Tax breaks and business rent exemption are among support measures announced by Greek Prime Minister Kyriakos Mitsotakis on Friday to support food and beverage (F&B) service providers who have remained closed for months due to Covid-19 restrictions.
Mitsotakis announced four measures during a meeting with sector representatives, adding that “reductions in taxes and contributions made so far are permanent tax reductions”.
More specifically, according to the PM, F&B services providers will not be required to pay rents for March and they will not be required to pay employee salaries, which are currently covered under a government furlough support program. Also, reduced VAT will be charged on coffee and non-alcoholic beverages through to September 30 – this measure will soon be extended to transport, theater, cinema and to package tourism – and the government will cover businesses’ fixed costs.

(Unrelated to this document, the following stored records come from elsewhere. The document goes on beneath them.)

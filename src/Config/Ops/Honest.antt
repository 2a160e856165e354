-- ===== src/Config/Ops/Honest.antt =====
-- The report of every operation on the configuration: backend-go/internal/config.
use ccx.Base.{
  ℕ, ◌+◌, ◌≡◌, refl, Bool, false, none, some, List, [], ◌∷◌, ◌++◌, String, str_eq, eq_iff, leb,
  nat_eq, inl, inr, arith, any, length, get_elem?, modify, remove_at, Bool-cases, Option-cases,
}
use ccx.Base.Results.{Result, fail, ok, Result-cases}
use ccx.Config.Types.{
  ChannelKind, messages, responses, gemini, chat, images, UpstreamConfig, Config, channels_of,
}
use ccx.Config.Manager.{
  ConfigManager, ConfigError, Host, put_channel, put_channels, has_config_changed, forget_keys,
  clear_deprecated,
}
use ccx.Config.Update.{UpstreamUpdate, normalize_service_type, update_channel}
use ccx.Config.Channels.{
  add_upstream, update_upstream, remove_upstream, reorder_upstreams, set_channel_promotion,
  prepared, check_order, set_priorities, store_updated, promote_only, promoted_until, removal_name,
}
use ccx.Config.Channels.Messages.{deprioritize_among, deprioritize_in}
use ccx.Config.Ops.{reported}
use ccx.Config.Ops.Synced.{IsHonest, is_write_error, saving-IsHonest, unchanged-IsHonest}

normalize_service_type-error :
    (kind : ChannelKind) (raw : String) (e : ConfigError)
    → normalize_service_type kind raw ≡ fail e
    → is_write_error e ≡ false
unfolding normalize_service_type
normalize_service_type-error messages raw e h = ground (arith, h)
normalize_service_type-error responses raw e h = ground (arith, h)
normalize_service_type-error gemini raw e h = ground (arith, h)
normalize_service_type-error chat raw e h = ground (arith, h)
normalize_service_type-error images raw e h = ground (arith, h)

pub add_upstream-IsHonest :
    (host : Host) (kind : ChannelKind) (u : UpstreamConfig) (m : ConfigManager)
    → IsHonest host m (reported (add_upstream host kind u m))
unfolding add_upstream
add_upstream-IsHonest host kind u m =
    elim (Bool-cases
      (any (λ (x : UpstreamConfig). str_eq x.name u.name) (channels_of m.config kind))) [
        | inl e ↦ rw (add_upstream, e) refl
        | inr e ↦ elim (Result-cases (normalize_service_type kind u.service_type)) [
          | inl (x, f) ↦
              rw (add_upstream, e, f, normalize_service_type-error kind u.service_type x f) refl
          | inr (own, f) ↦
              rw (add_upstream, e, f)
                (saving-IsHonest host tt m
                  (put_channels kind (channels_of m.config kind ++ (prepared own u ∷ [])) m))
        ]
      ]

-- An image channel is refused after its own service type is normalized in memory, so its update is left out here.
abbrev pub IsNotImages : ChannelKind → Type 0
IsNotImages images = ⊥
IsNotImages messages = Unit
IsNotImages responses = Unit
IsNotImages gemini = Unit
IsNotImages chat = Unit

normalize_service_type-total :
    (kind : ChannelKind) (raw : String)
    → IsNotImages kind
    → (own : String) × (normalize_service_type kind raw ≡ ok own)
unfolding normalize_service_type
normalize_service_type-total messages raw h = (_, refl)
normalize_service_type-total responses raw h = (_, refl)
normalize_service_type-total gemini raw h = (_, refl)
normalize_service_type-total chat raw h = (_, refl)
normalize_service_type-total images raw h = elim h [ ]

kept_file :
    (kind : ChannelKind) (i : ℕ) (u : UpstreamConfig) (m : ConfigManager)
    → (put_channel kind i u m).file ≡ m.file
unfolding put_channel
kept_file kind i u m = refl

unchanged_json :
    (host : Host) (old new : Config)
    → has_config_changed host old new ≡ false
    → host.marshal (clear_deprecated new) ≡ host.marshal (clear_deprecated old)
unfolding has_config_changed
unchanged_json host old new h =
    ground
      (arith, h, eq_iff (host.marshal (clear_deprecated old)) (host.marshal (clear_deprecated new)))

abbrev IsOk : UpstreamConfig × Result ConfigError Bool → Type 0
IsOk (u, fail e) = ⊥
IsOk (u, ok reset) = Unit

update_channel-IsOk :
    (kind : ChannelKind) (p : UpstreamUpdate) (u : UpstreamConfig)
    → IsNotImages kind
    → IsOk (update_channel kind p u)
unfolding update_channel
update_channel-IsOk kind p u h =
    let own = normalize_service_type-total kind u.service_type h in
    elim (Option-cases p.service_type) [
      | inl e ↦ rw (update_channel, own.1, e) tt
      | inr (raw, e) ↦
          let new = normalize_service_type-total kind raw h in
          rw (update_channel, own.1, e, new.1) tt
    ]

store_updated-IsHonest :
    (host : Host) (kind : ChannelKind) (i : ℕ) (m : ConfigManager)
    (updated : UpstreamConfig × Result ConfigError Bool)
    → IsOk updated
    → IsHonest host m (reported (store_updated host kind i m updated))
unfolding store_updated
store_updated-IsHonest host kind i m (u, fail e) h = elim h [ ]
store_updated-IsHonest host kind i m (u, ok reset) h =
    let stored = put_channel kind i u m in
    elim (Bool-cases (has_config_changed host m.config stored.config)) [
      | inl e ↦ rw (store_updated, e) (saving-IsHonest host reset m stored)
      | inr e ↦
          rw (store_updated, e)
            (inr (kept_file kind i u m, unchanged_json host m.config stored.config e))
    ]

pub update_upstream-IsHonest :
    (host : Host) (kind : ChannelKind) (i : ℕ) (p : UpstreamUpdate) (m : ConfigManager)
    → IsNotImages kind
    → IsHonest host m (reported (update_upstream host kind i p m))
unfolding update_upstream
update_upstream-IsHonest host kind i p m h =
    elim (Option-cases (get_elem? (channels_of m.config kind) i)) [
      | inl e ↦ rw (update_upstream, e) refl
      | inr (u, e) ↦
          rw (update_upstream, e)
            (store_updated-IsHonest host kind i m (update_channel kind p u)
              (update_channel-IsOk kind p u h))
    ]

check_order-error :
    (count : ℕ) (order seen : List ℕ) (e : ConfigError)
    → check_order count order seen ≡ some e
    → is_write_error e ≡ false
unfolding check_order
check_order-error count [] seen e h = ground (arith, h)
check_order-error count (i ∷ order) seen e h =
    ground (arith, h, check_order-error count order (i ∷ seen) e)

pub reorder_upstreams-IsHonest :
    (host : Host) (kind : ChannelKind) (order : List ℕ) (m : ConfigManager)
    → IsHonest host m (reported (reorder_upstreams host kind order m))
unfolding reorder_upstreams
reorder_upstreams-IsHonest host kind [] m = refl
reorder_upstreams-IsHonest host kind (i ∷ order) m =
    let us = channels_of m.config kind in
    elim (Option-cases (check_order (length us) (i ∷ order) [])) [
      | inl e ↦
          rw (reorder_upstreams, e)
            (saving-IsHonest host tt m (put_channels kind (set_priorities 1 (i ∷ order) us) m))
      | inr (x, e) ↦
          rw (reorder_upstreams, e, check_order-error (length us) (i ∷ order) [] x e) refl
    ]

pub set_channel_promotion-IsHonest :
    (host : Host) (kind : ChannelKind) (i d : ℕ) (m : ConfigManager)
    → IsHonest host m (reported (set_channel_promotion host kind i d m))
unfolding set_channel_promotion
set_channel_promotion-IsHonest host kind i d m =
    let us = channels_of m.config kind in
    elim (Bool-cases (leb (length us) i)) [
      | inl e ↦ rw (set_channel_promotion, e) refl
      | inr e ↦ elim (Bool-cases (nat_eq d 0)) [
        | inl f ↦
            rw (set_channel_promotion, e, f)
              (saving-IsHonest host tt m (put_channels kind (modify (promoted_until none) us i) m))
        | inr f ↦
            rw (set_channel_promotion, e, f)
              (saving-IsHonest host tt m (put_channels kind (promote_only (host.now + d) i us) m))
      ]
    ]

pub remove_upstream-IsHonest :
    (host : Host) (kind : ChannelKind) (i : ℕ) (m : ConfigManager)
    → IsHonest host m (reported (remove_upstream host kind i m))
unfolding remove_upstream
remove_upstream-IsHonest host kind i m =
    let us = channels_of m.config kind in
    elim (Option-cases (get_elem? us i)) [
      | inl e ↦ rw (remove_upstream, e) refl
      | inr (u, e) ↦
          rw (remove_upstream, e)
            (saving-IsHonest host u m
              (forget_keys (removal_name kind) u.api_keys (put_channels kind (remove_at us i) m)))
    ]

pub deprioritize_among-IsHonest :
    (host : Host) (key : String) (kinds : List ChannelKind) (m : ConfigManager)
    → IsHonest host m (reported (deprioritize_among host key kinds m))
unfolding deprioritize_among
deprioritize_among-IsHonest host key [] m = unchanged-IsHonest host m
deprioritize_among-IsHonest host key (kind ∷ kinds) m =
    elim (Option-cases (deprioritize_in key (channels_of m.config kind))) [
      | inl e ↦ rw (deprioritize_among, e) (deprioritize_among-IsHonest host key kinds m)
      | inr (us, e) ↦
          rw (deprioritize_among, e) (saving-IsHonest host tt m (put_channels kind us m))
    ]
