-- ===== src/Config/Ops/Report.antt =====
-- The reports of all the operations on the configuration: backend-go/internal/config.
use ccx.Base.{
  ℕ, refl, Option, none, some, List, [], ◌∷◌, String, inl, inr, length, filter, Option-cases,
}
use ccx.Config.Types.{messages, responses, chat, images, UpstreamConfig}
use ccx.Config.Keys.{
  add_key_in, remove_key_in, move_to_top_in, move_to_bottom_in, blacklist_in, restore_in,
  restore_all_in, restore_some_in, is_restored,
}
use ccx.Config.Manager.{
  ConfigManager, key_exists, no_such_key, Host, Change, refuse, leave, get_upstream_slice_locked,
}
use ccx.Config.Channels.{
  add_api_key, remove_api_key, move_api_key_to_top, move_api_key_to_bottom, set_channel_status,
  status_change, parse_status, store_or,
}
use ccx.Config.Channels.Messages.{deprioritize_api_key}
use ccx.Config.Blacklist.{
  blacklist_key, restore_key, restore_all_keys, restore_disabled_keys, set_fuzzy_mode_enabled,
  set_strip_billing_header, change_named, disabled_info, keys_of, store_forgetting, store_restored,
}
use ccx.Config.Ops.{
  Op, add, update, remove, add_key, remove_key, key_to_top, key_to_bottom, reorder, set_status,
  set_promotion, deprioritize, blacklist, restore, restore_all, restore_some, set_fuzzy, set_strip,
  perform, reported,
}
use ccx.Config.Ops.Synced.{IsHonest, IsRequestError, saving-IsHonest, change_channel-IsHonest}
use ccx.Config.Ops.Honest.{
  add_upstream-IsHonest, reorder_upstreams-IsHonest, set_channel_promotion-IsHonest,
  remove_upstream-IsHonest, deprioritize_among-IsHonest, update_upstream-IsHonest, IsNotImages,
}

store_or-IsRequestError :
    (c : Change Unit) (o : Option UpstreamConfig) → IsRequestError c → IsRequestError (store_or c o)
store_or-IsRequestError c none r = r
store_or-IsRequestError c (some u) r = tt

status_change-IsRequestError :
    (status : Option String) (u : UpstreamConfig) → IsRequestError (status_change status u)
status_change-IsRequestError none u = refl
status_change-IsRequestError (some status) u = tt

store_forgetting-IsRequestError :
    (keys : List String) (c : Change Unit) (o : Option UpstreamConfig)
    → IsRequestError c
    → IsRequestError (store_forgetting keys c o)
store_forgetting-IsRequestError keys c none r = r
store_forgetting-IsRequestError keys c (some u) r = tt

store_restored-IsRequestError :
    {A : Type 0} (u : UpstreamConfig) (a : A) (keys : List String) (b : A)
    → IsRequestError (store_restored u a keys b)
store_restored-IsRequestError u a [] b = tt
store_restored-IsRequestError u a (key ∷ keys) b = tt

change_named-IsHonest :
    {A : Type 0} (host : Host) (name : String) (i : ℕ) (f : UpstreamConfig → Change A)
    (m : ConfigManager)
    → ((u : UpstreamConfig) → IsRequestError (f u))
    → IsHonest host m (reported (change_named host name i f m))
unfolding change_named
change_named-IsHonest host name i f m r = elim (Option-cases (get_upstream_slice_locked name)) [
  | inl e ↦ rw (change_named, e) refl
  | inr (kind, e) ↦ rw (change_named, e) (change_channel-IsHonest host kind i f m r)
]

-- The update of the image channels is left out.
abbrev pub IsCovered : Op → Type 0
IsCovered op = elim op [ update kind i p ↦ IsNotImages kind | _ ↦ Unit ]

-- For each operation on the configuration except the update of an image channel: if it reports success, the file holds
-- the configuration in memory, or the file and the JSON of the configuration are both as they were before the
-- call; if it reports that the file was not written, the content of the file is not known; and if it
-- reports any other error, nothing has changed.
pub perform-IsHonest :
    (host : Host) (op : Op) (m : ConfigManager) → IsCovered op → IsHonest host m (perform host op m)
unfolding perform
perform-IsHonest host (add kind u) m h = add_upstream-IsHonest host kind u m
perform-IsHonest host (update kind i p) m h = update_upstream-IsHonest host kind i p m h
perform-IsHonest host (remove kind i) m h = remove_upstream-IsHonest host kind i m
perform-IsHonest host (add_key kind i key) m h =
    unfold add_api_key in
    change_channel-IsHonest host kind i (λ u. store_or (refuse key_exists) (add_key_in key u)) m
      (λ u. store_or-IsRequestError (refuse key_exists) (add_key_in key u) refl)
perform-IsHonest host (remove_key kind i key) m h =
    unfold remove_api_key in
    change_channel-IsHonest host kind i (λ u. store_or (refuse no_such_key) (remove_key_in key u)) m
      (λ u. store_or-IsRequestError (refuse no_such_key) (remove_key_in key u) refl)
perform-IsHonest host (key_to_top kind i key) m h =
    unfold move_api_key_to_top in
    change_channel-IsHonest host kind i (λ u. store_or (leave tt) (move_to_top_in key u)) m
      (λ u. store_or-IsRequestError (leave tt) (move_to_top_in key u) tt)
perform-IsHonest host (key_to_bottom kind i key) m h =
    unfold move_api_key_to_bottom in
    change_channel-IsHonest host kind i (λ u. store_or (leave tt) (move_to_bottom_in key u)) m
      (λ u. store_or-IsRequestError (leave tt) (move_to_bottom_in key u) tt)
perform-IsHonest host (reorder kind order) m h = reorder_upstreams-IsHonest host kind order m
perform-IsHonest host (set_status kind i raw) m h =
    unfold set_channel_status in
    change_channel-IsHonest host kind i (λ u. status_change (parse_status raw) u) m
      (λ u. status_change-IsRequestError (parse_status raw) u)
perform-IsHonest host (set_promotion kind i d) m h = set_channel_promotion-IsHonest host kind i d m
perform-IsHonest host (deprioritize key) m h =
    unfold deprioritize_api_key in
    deprioritize_among-IsHonest host key (messages ∷ responses ∷ chat ∷ images ∷ []) m
perform-IsHonest host (blacklist name i key reason message) m h =
    unfold blacklist_key in
    change_named-IsHonest host name i
      (λ u. store_forgetting [] (leave tt) (blacklist_in (disabled_info host key reason message) u))
      m
      (λ u.
        store_forgetting-IsRequestError [] (leave tt)
          (blacklist_in (disabled_info host key reason message) u) tt)
perform-IsHonest host (restore name i key) m h =
    unfold restore_key in
    change_named-IsHonest host name i
      (λ u. store_forgetting (key ∷ []) (refuse no_such_key) (restore_in key u)) m
      (λ u. store_forgetting-IsRequestError (key ∷ []) (refuse no_such_key) (restore_in key u) refl)
perform-IsHonest host (restore_all name i) m h =
    unfold restore_all_keys in
    change_named-IsHonest host name i
      (λ u.
        store_restored (restore_all_in u) 0 (keys_of u.disabled_api_keys)
          (length u.disabled_api_keys))
      m
      (λ u.
        store_restored-IsRequestError (restore_all_in u) 0 (keys_of u.disabled_api_keys)
          (length u.disabled_api_keys))
perform-IsHonest host (restore_some name i keys) m h =
    unfold restore_disabled_keys in
    change_named-IsHonest host name i
      (λ u.
        let restored = keys_of (filter (is_restored keys) u.disabled_api_keys) in
        store_restored (restore_some_in keys u) [] restored restored)
      m
      (λ u.
        let restored = keys_of (filter (is_restored keys) u.disabled_api_keys) in
        store_restored-IsRequestError (restore_some_in keys u) [] restored restored)
perform-IsHonest host (set_fuzzy b) m h =
    unfold set_fuzzy_mode_enabled in
    saving-IsHonest host tt m (record m { config = record m.config { fuzzy_mode_enabled = b } })
perform-IsHonest host (set_strip b) m h =
    unfold set_strip_billing_header in
    saving-IsHonest host tt m (record m { config = record m.config { strip_billing_header = b } })
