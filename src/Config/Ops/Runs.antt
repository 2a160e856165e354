-- ===== src/Config/Ops/Runs.antt =====
-- The configuration file over many operations: `saveConfigLocked` of backend-go/internal/config/config_loader.go and its callers in
-- backend-go/internal/config.
use ccx.Base.{
  ◌≡◌, sym, ◌∙◌, Bool, true, false, not, ◌&&◌, Option, none, some, ◌⊎◌, inl, inr, List, [], ◌∷◌,
  String, All, Bool-cases, ap, arith,
}
use ccx.Config.Types.{Config}
use ccx.Config.Manager.{ConfigManager, ConfigError, Host, clear_deprecated}
use ccx.Config.Ops.{Op, perform}
use ccx.Config.Ops.Synced.{IsHonest, is_write_error}
use ccx.Config.Ops.Report.{IsCovered, perform-IsHonest}

-- An operation, with what it finds outside: the instants, and whether the file can be written.
pub record Call : Type 0 where
  pub op : Op
  pub host : Host

abbrev pub is_saved : Option ConfigError → Bool
is_saved none = true
is_saved (some e) = not (is_write_error e)

module _ (marshal : Config → String) where
  abbrev pub host_of : Call → Host
  host_of c = record (c.host) { marshal = marshal }

  unfoldable pub run : List Call → ConfigManager → ConfigManager
  run [] m = m
  run (c ∷ cs) m = run cs (perform (host_of c) c.op m).0

  -- Whether no operation of the run reports that the file was not written.
  unfoldable pub all_saved : List Call → ConfigManager → Bool
  all_saved [] m = true
  all_saved (c ∷ cs) m =
      let next = perform (host_of c) c.op m in
      let rest = all_saved cs next.0 in is_saved next.1 && rest

  -- The file holds the configuration in memory.
  abbrev pub Holds : ConfigManager → Type 0
  Holds m = m.file ≡ some (marshal (clear_deprecated m.config))

  -- The content of the file is not known, or it holds the configuration in memory.
  abbrev pub InStep : ConfigManager → Type 0
  InStep m = (m.file ≡ none) ⊎ Holds m

  as_before-Holds :
      (m m' : ConfigManager)
      → m'.file ≡ m.file
      → marshal (clear_deprecated m'.config) ≡ marshal (clear_deprecated m.config)
      → Holds m
      → Holds m'
  as_before-Holds m m' f j h = f ∙ h ∙ ap some (sym j)

  as_before-InStep :
      (m m' : ConfigManager)
      → m'.file ≡ m.file
      → marshal (clear_deprecated m'.config) ≡ marshal (clear_deprecated m.config)
      → InStep m
      → InStep m'
  as_before-InStep m m' f j (inl h) = inl (f ∙ h)
  as_before-InStep m m' f j (inr h) = inr (as_before-Holds m m' f j h)

  honest-InStep :
      (host : Host) (m : ConfigManager) (r : ConfigManager × Option ConfigError)
      → IsHonest (record host { marshal = marshal }) m r
      → InStep m
      → InStep r.0
  honest-InStep host m (m', none) (inl s) h = inr s
  honest-InStep host m (m', none) (inr (f, j)) h = as_before-InStep m m' f j h
  honest-InStep host m (m', some e) s h = elim (Bool-cases (is_write_error e)) [
    | inl w ↦ inl (rw w at s)
    | inr w ↦ let same : m' ≡ m = rw w at s in rw same h
  ]

  honest-Holds :
      (host : Host) (m : ConfigManager) (r : ConfigManager × Option ConfigError)
      → IsHonest (record host { marshal = marshal }) m r
      → is_saved r.1 ≡ true
      → Holds m
      → Holds r.0
  honest-Holds host m (m', none) (inl s) w h = s
  honest-Holds host m (m', none) (inr (f, j)) w h = as_before-Holds m m' f j h
  honest-Holds host m (m', some e) s w h = elim (Bool-cases (is_write_error e)) [
    | inl b ↦ absurd (ground (arith, b, w))
    | inr b ↦ let same : m' ≡ m = rw b at s in rw same h
  ]

  run-InStep :
      (cs : List Call) (m : ConfigManager)
      → All (λ c. IsCovered c.op) cs
      → InStep m
      → InStep (run cs m)
  unfolding run
  run-InStep [] m g h = h
  run-InStep (c ∷ cs) m g h = run-InStep cs (perform (host_of c) c.op m).0 g.1 (
      honest-InStep c.host m (perform (host_of c) c.op m) (perform-IsHonest (host_of c) c.op m g.0)
        h)

  run-Holds :
      (cs : List Call) (m : ConfigManager)
      → All (λ c. IsCovered c.op) cs
      → all_saved cs m ≡ true
      → Holds m
      → Holds (run cs m)
  unfolding run all_saved
  run-Holds [] m g w h = h
  run-Holds (c ∷ cs) m g w h =
      let next = perform (host_of c) c.op m in
      run-Holds cs next.0 g.1 (ground (arith, w))
        (honest-Holds c.host m next (perform-IsHonest (host_of c) c.op m g.0) (ground (arith, w)) h)

  -- What is known of the file after a run, by whether a failed write was reported in it.
  abbrev pub IsKnown : Bool → ConfigManager → Type 0
  IsKnown true m = Holds m
  IsKnown false m = InStep m

  -- If the file holds the configuration in memory at first, it does so after any operations of which none reports that
  -- the file was not written. If one of them does, then at the end the file still holds the configuration in
  -- memory, or its content is not known. The updates of image channels are left out.
  pub run-IsKnown :
      (cs : List Call) (m : ConfigManager)
      → All (λ c. IsCovered c.op) cs
      → Holds m
      → IsKnown (all_saved cs m) (run cs m)
  run-IsKnown cs m g h = elim (Bool-cases (all_saved cs m)) [
    | inl e ↦ rw e (run-Holds cs m g e h)
    | inr e ↦ rw e (run-InStep cs m g (inr h))
  ]
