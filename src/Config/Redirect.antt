-- ===== src/Config/Redirect.antt =====
-- What the mapping of the models does: backend-go/internal/config/config_utils.go.
use mathlib.Core.Logic.Or
use mathlib.Core.List.{Mem, mem-cons}
use mathlib.Core.List.Perm
use Prim.Native.String.{len}
use ccx.Base.{
  string_eq, ◌≡◌, refl, true, false, ◌&&◌, Option, none, some, List, [], ◌∷◌, String, ltb, All,
  Bool-cases, inl, inr, arith,
}
use ccx.Base.Dict.{lookup}
use ccx.Base.Sort.{sort_stable, sort_stable-perm, sort_stable-IsSorted, sort_stable-All, IsSorted}
use ccx.Base.Text.{contains}
use ccx.Config.Types.{UpstreamConfig}
use ccx.Config.Models.{is_longer, first_contained, find_mapping, redirect_model}

-- The entry is no better match for the model than the text `source`.
abbrev pub IsNoBetter : String → String → String × String → Type 0
IsNoBetter model source entry = (contains model entry.0 && ltb (len source) (len entry.0)) ≡ false

abbrev pub IsBestMatch : String → List (String × String) → Option (String × String) → Type 0
IsBestMatch model mapping none = All (λ entry. contains model entry.0 ≡ false) mapping
IsBestMatch model mapping (some best) =
    Mem best mapping × (contains model best.0 ≡ true) × All (IsNoBetter model best.0) mapping

IsSorted-IsNoBetter :
    (model : String) (best : String × String) (entries : List (String × String))
    → All (λ entry. is_longer entry best ≡ false) entries
    → All (IsNoBetter model best.0) entries
IsSorted-IsNoBetter model best [] h = tt
IsSorted-IsNoBetter model best (entry ∷ entries) h =
    (ground (arith, h.0), IsSorted-IsNoBetter model best entries h.1)

IsBestMatch-skip :
    (model : String) (entry : String × String) (entries : List (String × String))
    (found : Option (String × String))
    → contains model entry.0 ≡ false
    → IsBestMatch model entries found
    → IsBestMatch model (entry ∷ entries) found
IsBestMatch-skip model entry entries none e h = (e, h)
IsBestMatch-skip model entry entries (some best) e h =
    (mem-cons.1 (Or.inr h.0), h.1, (ground (arith, e), h.2))

first_contained-sorted :
    (model : String) (entries : List (String × String))
    → IsSorted is_longer entries
    → IsBestMatch model entries (first_contained model entries)
unfolding first_contained
first_contained-sorted model [] h = tt
first_contained-sorted model (entry ∷ entries) h = elim (Bool-cases (contains model entry.0)) [
  | inl e ↦ rw e (
    mem-cons.1 (Or.inl refl),
    e,
    (ground (arith, e), IsSorted-IsNoBetter model entry entries h.0),
  )
  | inr e ↦
      rw e (IsBestMatch-skip model entry entries _ e (first_contained-sorted model entries h.1))
]

is_longer-asym : (a b : String × String) → is_longer a b ≡ true → is_longer b a ≡ false
is_longer-asym a b h = ground (arith, h)

is_longer_trans :
    (a b c : String × String)
    → is_longer b a ≡ false
    → is_longer c b ≡ false
    → is_longer c a ≡ false
is_longer_trans a b c h k = ground (arith, h, k)

sorted-IsBestMatch :
    (model : String) (mapping : List (String × String)) (found : Option (String × String))
    → IsBestMatch model (sort_stable is_longer mapping) found
    → IsBestMatch model mapping found
sorted-IsBestMatch model mapping none h =
    sort_stable-All is_longer (λ entry. contains model entry.0 ≡ false) mapping h
sorted-IsBestMatch model mapping (some best) h = (
  (Perm.mem_iff (sort_stable-perm is_longer mapping)).0 h.0,
  h.1,
  sort_stable-All is_longer (IsNoBetter model best.0) mapping h.2,
)

-- The entry that a model without an exact entry is mapped by stands in the mapping, has a source that the model contains, and no source that
-- the model contains is longer; where no entry is found the model contains no source.
pub best_match :
    (model : String) (mapping : List (String × String))
    → IsBestMatch model mapping (first_contained model (sort_stable is_longer mapping))
best_match model mapping = sorted-IsBestMatch model mapping _ (
    first_contained-sorted model (sort_stable is_longer mapping)
      (sort_stable-IsSorted is_longer is_longer-asym is_longer_trans mapping))

abbrev pub target_or : String → Option (String × String) → String
target_or model none = model
target_or model (some entry) = entry.1

abbrev pub exact_or : Option String → String → String
exact_or none other = other
exact_or (some exact) other = exact

-- A model is sent as the target of its exact entry; without one, as the target of an entry of the mapping whose source
-- the model contains, where it contains no longer source of the mapping; and as itself where it contains none.
pub redirect_longest :
    (model : String) (u : UpstreamConfig)
    → (found : Option (String × String)) × IsBestMatch model u.model_mapping found
      × (redirect_model model u ≡ exact_or (lookup model u.model_mapping) (target_or model found))
unfolding redirect_model find_mapping
redirect_longest model u = (
  first_contained model (sort_stable is_longer u.model_mapping),
  best_match model u.model_mapping,
  ground arith,
)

The measures apply to enterprises in the F&B sector impacted by the coronavirus pandemic.
“The government supports healthy entrepreneurship. The F&B industry is obviously a vital sector both in terms of employment and competitiveness and of promoting the country abroad because it is directly related to our tourism product,” he said, adding that so far the government has allocated almost 2 billion euros in support to the sector.
According to Mitsotakis, the F&B sector recorded a total turnover of 6.4 billion euros in 2019, which fell by 35 percent to 4.2 billion euros in 2020, “undoubtedly a very significant reduction” he said during the meeting which was also attended by finance and development ministers Christos Staikouras and Adonis Georgiadis, respectively.